(Stored data entries)
----

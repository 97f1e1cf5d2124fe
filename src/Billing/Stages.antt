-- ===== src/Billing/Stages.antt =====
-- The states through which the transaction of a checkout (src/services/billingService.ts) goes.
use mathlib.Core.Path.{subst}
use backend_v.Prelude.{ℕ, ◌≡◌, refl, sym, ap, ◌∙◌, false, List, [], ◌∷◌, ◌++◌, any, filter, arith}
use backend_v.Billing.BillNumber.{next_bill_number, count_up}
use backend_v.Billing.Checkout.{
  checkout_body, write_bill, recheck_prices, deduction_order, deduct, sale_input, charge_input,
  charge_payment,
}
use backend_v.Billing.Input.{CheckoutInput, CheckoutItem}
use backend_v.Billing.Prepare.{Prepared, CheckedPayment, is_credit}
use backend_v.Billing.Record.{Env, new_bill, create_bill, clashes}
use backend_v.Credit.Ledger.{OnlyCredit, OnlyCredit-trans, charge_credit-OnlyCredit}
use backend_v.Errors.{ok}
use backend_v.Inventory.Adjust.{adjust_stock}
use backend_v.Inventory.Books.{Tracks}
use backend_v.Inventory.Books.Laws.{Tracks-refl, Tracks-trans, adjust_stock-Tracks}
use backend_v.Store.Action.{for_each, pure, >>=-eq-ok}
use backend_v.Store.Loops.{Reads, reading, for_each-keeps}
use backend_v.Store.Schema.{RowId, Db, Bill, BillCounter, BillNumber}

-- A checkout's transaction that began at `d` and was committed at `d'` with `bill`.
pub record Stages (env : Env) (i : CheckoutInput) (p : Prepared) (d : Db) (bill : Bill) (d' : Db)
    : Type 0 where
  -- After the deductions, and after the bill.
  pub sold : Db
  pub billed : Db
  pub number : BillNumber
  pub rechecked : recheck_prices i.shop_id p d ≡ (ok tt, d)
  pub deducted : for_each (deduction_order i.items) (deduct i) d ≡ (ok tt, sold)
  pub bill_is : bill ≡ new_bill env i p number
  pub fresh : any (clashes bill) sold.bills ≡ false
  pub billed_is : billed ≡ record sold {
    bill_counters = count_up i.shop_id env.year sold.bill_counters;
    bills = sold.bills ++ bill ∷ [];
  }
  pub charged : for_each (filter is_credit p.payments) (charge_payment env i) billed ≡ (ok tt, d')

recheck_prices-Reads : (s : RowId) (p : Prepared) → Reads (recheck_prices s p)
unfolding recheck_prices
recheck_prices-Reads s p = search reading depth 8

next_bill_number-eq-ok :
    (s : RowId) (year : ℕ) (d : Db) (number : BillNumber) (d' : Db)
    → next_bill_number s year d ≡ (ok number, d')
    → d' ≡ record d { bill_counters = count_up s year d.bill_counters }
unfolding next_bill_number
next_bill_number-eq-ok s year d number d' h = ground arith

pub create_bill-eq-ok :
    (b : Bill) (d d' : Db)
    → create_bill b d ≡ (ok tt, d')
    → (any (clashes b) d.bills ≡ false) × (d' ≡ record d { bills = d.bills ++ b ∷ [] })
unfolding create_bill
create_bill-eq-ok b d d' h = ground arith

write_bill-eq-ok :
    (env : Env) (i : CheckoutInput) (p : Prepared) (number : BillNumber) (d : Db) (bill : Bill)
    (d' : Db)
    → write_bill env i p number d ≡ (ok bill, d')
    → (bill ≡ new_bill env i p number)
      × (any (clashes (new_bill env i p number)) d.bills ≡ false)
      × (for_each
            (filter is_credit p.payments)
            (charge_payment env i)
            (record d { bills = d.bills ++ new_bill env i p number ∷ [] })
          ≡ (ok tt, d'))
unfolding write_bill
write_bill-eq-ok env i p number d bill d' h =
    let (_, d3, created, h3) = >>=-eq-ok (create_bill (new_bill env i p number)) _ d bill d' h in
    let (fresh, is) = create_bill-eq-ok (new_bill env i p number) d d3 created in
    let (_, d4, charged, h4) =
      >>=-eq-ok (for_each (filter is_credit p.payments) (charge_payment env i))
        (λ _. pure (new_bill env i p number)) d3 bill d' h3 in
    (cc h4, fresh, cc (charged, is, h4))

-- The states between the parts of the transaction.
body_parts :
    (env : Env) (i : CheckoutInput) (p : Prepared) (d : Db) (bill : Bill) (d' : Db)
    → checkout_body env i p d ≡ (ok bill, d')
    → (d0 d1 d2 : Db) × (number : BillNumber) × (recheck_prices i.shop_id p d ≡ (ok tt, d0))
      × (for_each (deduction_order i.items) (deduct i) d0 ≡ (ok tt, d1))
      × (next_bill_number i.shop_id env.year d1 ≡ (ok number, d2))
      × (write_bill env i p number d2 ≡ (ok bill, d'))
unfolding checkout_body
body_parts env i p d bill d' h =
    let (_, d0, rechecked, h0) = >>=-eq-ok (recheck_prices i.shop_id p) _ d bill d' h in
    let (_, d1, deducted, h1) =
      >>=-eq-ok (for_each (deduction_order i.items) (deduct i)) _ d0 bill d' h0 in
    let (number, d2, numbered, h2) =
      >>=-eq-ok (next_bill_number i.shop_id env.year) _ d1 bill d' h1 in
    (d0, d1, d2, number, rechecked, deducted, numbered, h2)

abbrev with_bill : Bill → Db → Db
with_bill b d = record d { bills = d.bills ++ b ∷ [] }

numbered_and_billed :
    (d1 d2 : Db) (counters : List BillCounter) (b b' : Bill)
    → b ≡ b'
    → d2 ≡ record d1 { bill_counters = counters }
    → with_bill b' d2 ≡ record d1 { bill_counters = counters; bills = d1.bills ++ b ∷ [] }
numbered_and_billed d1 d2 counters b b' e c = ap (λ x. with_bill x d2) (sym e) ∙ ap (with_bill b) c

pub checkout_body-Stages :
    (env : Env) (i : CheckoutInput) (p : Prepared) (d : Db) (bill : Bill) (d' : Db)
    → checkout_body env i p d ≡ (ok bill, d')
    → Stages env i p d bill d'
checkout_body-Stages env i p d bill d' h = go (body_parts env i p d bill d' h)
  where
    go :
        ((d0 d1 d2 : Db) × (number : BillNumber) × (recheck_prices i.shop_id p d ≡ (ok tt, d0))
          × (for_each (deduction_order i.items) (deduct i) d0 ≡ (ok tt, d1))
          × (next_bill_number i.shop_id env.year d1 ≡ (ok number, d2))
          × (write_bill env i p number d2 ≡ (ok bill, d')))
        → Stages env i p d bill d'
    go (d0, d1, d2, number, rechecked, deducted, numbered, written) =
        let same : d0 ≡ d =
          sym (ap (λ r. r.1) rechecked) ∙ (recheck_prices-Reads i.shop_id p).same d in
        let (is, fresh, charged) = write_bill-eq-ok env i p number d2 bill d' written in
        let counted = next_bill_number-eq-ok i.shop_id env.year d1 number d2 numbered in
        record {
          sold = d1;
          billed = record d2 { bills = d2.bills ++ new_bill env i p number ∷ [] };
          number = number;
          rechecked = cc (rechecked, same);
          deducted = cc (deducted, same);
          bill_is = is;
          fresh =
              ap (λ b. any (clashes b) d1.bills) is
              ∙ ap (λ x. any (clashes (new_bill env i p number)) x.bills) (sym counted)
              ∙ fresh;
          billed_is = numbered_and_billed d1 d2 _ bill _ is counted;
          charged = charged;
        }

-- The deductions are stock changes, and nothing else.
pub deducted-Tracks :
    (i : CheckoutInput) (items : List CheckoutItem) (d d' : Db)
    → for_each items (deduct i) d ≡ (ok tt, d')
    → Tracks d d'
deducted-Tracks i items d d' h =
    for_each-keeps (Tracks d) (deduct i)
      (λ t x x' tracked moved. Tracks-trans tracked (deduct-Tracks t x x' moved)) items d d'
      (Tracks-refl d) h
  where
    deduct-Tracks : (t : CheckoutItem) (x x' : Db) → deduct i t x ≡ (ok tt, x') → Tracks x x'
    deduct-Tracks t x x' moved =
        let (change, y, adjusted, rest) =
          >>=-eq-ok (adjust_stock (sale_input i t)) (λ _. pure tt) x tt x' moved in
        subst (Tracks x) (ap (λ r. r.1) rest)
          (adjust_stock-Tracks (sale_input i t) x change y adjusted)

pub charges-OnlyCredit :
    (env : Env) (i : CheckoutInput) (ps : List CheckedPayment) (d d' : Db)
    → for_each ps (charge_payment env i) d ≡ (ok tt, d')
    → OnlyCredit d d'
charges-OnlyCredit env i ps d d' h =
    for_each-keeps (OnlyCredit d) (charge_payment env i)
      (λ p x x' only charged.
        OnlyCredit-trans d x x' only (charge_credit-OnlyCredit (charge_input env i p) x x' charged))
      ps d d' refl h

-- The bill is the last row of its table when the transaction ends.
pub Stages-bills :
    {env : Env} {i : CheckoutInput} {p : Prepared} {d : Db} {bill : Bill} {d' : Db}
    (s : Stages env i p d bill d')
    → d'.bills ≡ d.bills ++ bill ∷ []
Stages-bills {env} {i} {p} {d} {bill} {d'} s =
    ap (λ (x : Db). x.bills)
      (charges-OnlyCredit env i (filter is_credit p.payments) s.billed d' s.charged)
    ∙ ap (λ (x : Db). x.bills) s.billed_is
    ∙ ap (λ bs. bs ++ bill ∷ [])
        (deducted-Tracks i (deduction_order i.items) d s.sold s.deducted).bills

----

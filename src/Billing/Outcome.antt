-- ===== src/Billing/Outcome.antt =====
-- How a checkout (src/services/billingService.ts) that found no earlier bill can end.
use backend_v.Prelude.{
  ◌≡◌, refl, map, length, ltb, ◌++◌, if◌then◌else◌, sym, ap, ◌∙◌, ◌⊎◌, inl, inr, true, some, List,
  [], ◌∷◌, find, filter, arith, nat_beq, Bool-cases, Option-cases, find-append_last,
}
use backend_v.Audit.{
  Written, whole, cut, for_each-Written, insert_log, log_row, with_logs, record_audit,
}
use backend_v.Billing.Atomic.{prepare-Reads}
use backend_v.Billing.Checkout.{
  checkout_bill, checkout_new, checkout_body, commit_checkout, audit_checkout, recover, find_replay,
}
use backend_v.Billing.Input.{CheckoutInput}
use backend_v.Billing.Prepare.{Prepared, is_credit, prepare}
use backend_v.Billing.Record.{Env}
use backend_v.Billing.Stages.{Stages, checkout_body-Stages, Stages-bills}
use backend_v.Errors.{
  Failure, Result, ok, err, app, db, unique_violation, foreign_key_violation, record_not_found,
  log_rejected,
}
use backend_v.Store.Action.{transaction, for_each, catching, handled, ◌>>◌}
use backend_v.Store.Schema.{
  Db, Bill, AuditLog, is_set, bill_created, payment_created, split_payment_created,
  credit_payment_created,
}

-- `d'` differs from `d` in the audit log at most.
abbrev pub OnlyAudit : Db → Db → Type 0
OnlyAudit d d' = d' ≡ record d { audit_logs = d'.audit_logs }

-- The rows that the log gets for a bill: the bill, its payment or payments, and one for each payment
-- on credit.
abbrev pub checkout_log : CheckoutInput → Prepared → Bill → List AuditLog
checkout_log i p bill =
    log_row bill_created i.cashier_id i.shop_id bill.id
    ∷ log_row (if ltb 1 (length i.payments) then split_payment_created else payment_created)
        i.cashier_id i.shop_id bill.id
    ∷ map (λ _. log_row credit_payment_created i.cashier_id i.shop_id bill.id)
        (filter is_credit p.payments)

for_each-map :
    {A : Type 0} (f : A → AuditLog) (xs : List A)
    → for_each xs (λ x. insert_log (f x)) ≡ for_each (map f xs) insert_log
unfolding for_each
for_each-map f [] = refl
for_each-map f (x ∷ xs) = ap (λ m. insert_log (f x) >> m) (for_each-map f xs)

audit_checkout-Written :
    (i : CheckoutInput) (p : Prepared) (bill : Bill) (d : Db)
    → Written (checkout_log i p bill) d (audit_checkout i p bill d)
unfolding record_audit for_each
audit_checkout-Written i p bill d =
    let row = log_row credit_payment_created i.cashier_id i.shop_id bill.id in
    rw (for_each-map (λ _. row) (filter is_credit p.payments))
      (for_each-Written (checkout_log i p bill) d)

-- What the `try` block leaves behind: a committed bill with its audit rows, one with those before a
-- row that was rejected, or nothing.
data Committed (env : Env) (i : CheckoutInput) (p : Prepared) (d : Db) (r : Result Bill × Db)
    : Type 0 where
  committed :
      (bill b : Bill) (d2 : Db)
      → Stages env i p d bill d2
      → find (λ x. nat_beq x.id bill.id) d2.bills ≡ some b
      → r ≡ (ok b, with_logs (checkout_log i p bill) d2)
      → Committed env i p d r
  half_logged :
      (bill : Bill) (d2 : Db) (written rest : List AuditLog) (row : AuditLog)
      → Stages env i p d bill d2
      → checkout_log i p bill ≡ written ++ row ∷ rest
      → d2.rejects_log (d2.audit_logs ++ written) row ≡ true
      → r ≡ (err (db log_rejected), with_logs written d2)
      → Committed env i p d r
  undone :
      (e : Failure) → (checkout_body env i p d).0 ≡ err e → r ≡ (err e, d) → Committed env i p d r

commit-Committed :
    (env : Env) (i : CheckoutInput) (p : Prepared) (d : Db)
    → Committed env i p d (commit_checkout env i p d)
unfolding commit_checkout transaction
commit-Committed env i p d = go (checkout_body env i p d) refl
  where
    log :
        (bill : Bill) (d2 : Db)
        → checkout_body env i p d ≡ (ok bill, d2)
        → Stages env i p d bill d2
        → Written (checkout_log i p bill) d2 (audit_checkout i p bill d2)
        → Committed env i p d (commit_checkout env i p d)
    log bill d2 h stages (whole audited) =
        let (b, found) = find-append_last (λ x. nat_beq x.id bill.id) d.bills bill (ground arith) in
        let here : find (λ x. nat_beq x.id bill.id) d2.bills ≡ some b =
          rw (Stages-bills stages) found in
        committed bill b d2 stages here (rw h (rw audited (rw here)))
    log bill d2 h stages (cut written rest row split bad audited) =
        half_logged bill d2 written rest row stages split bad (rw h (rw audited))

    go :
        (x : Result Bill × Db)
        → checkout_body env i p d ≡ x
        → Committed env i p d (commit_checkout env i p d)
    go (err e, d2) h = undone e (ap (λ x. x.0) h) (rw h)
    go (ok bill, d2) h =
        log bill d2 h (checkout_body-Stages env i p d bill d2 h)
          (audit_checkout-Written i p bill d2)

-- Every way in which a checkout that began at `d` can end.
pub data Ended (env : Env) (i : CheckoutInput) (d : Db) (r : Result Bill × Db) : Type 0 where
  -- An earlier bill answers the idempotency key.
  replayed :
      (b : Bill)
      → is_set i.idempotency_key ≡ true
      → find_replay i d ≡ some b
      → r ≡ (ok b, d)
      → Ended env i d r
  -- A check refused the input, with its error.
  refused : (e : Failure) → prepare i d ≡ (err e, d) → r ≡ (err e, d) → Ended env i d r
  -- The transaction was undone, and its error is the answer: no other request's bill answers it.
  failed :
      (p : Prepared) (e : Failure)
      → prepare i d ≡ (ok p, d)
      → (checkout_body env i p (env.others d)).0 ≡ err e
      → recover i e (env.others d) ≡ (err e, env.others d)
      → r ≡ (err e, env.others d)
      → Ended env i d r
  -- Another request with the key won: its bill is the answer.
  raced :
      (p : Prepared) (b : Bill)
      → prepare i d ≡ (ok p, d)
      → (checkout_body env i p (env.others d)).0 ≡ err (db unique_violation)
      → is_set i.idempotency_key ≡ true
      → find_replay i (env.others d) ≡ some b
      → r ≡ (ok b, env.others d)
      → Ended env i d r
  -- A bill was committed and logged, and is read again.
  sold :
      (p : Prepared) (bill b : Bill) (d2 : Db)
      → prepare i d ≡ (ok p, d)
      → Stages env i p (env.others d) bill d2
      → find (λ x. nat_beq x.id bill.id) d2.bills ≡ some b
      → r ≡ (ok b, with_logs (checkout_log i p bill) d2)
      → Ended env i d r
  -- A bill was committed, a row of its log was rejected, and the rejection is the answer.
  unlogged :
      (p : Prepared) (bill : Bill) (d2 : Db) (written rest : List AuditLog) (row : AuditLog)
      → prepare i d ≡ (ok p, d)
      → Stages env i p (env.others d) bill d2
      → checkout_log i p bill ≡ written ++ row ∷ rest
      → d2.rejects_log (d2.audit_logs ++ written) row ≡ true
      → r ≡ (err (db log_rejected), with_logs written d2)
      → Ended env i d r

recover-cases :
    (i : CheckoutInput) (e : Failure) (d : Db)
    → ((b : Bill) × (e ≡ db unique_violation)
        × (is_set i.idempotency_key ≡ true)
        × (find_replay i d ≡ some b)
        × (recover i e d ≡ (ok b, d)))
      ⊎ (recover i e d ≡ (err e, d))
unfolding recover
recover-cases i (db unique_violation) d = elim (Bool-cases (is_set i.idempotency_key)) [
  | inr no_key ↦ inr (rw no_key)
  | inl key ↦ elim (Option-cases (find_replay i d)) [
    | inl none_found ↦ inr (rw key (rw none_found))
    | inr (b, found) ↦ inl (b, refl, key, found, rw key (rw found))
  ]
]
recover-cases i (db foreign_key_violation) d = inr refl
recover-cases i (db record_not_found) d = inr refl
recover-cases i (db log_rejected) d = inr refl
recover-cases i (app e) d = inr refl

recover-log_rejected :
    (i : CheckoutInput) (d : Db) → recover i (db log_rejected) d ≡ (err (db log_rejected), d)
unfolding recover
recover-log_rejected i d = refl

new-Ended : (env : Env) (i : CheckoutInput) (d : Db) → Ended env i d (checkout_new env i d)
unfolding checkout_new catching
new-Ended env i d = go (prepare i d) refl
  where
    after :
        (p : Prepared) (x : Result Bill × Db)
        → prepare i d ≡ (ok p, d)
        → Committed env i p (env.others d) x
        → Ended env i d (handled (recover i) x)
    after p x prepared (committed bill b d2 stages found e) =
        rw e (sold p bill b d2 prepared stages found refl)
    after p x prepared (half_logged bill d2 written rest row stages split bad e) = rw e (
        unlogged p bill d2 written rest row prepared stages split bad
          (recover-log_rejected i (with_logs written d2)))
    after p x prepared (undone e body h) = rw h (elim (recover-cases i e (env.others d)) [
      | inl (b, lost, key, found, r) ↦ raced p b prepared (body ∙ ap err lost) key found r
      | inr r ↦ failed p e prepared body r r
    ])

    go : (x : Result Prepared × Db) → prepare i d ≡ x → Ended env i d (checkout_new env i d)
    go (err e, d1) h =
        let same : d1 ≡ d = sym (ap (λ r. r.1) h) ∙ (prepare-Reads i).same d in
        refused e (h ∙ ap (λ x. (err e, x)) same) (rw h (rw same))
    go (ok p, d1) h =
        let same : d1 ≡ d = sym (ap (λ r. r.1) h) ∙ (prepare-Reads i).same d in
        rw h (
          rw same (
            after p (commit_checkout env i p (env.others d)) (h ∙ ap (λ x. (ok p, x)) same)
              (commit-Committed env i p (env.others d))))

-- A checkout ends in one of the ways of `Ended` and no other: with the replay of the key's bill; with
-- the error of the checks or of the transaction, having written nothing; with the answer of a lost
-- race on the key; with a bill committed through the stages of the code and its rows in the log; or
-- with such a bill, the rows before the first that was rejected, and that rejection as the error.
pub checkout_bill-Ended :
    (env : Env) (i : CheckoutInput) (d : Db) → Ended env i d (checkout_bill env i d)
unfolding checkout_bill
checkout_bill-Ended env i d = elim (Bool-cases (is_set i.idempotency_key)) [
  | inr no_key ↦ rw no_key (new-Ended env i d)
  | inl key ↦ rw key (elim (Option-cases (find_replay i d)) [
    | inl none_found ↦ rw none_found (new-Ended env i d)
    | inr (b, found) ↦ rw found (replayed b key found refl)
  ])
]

----

Nothing but a number is expected here: the number of lines in the entries that include the word "raced".

2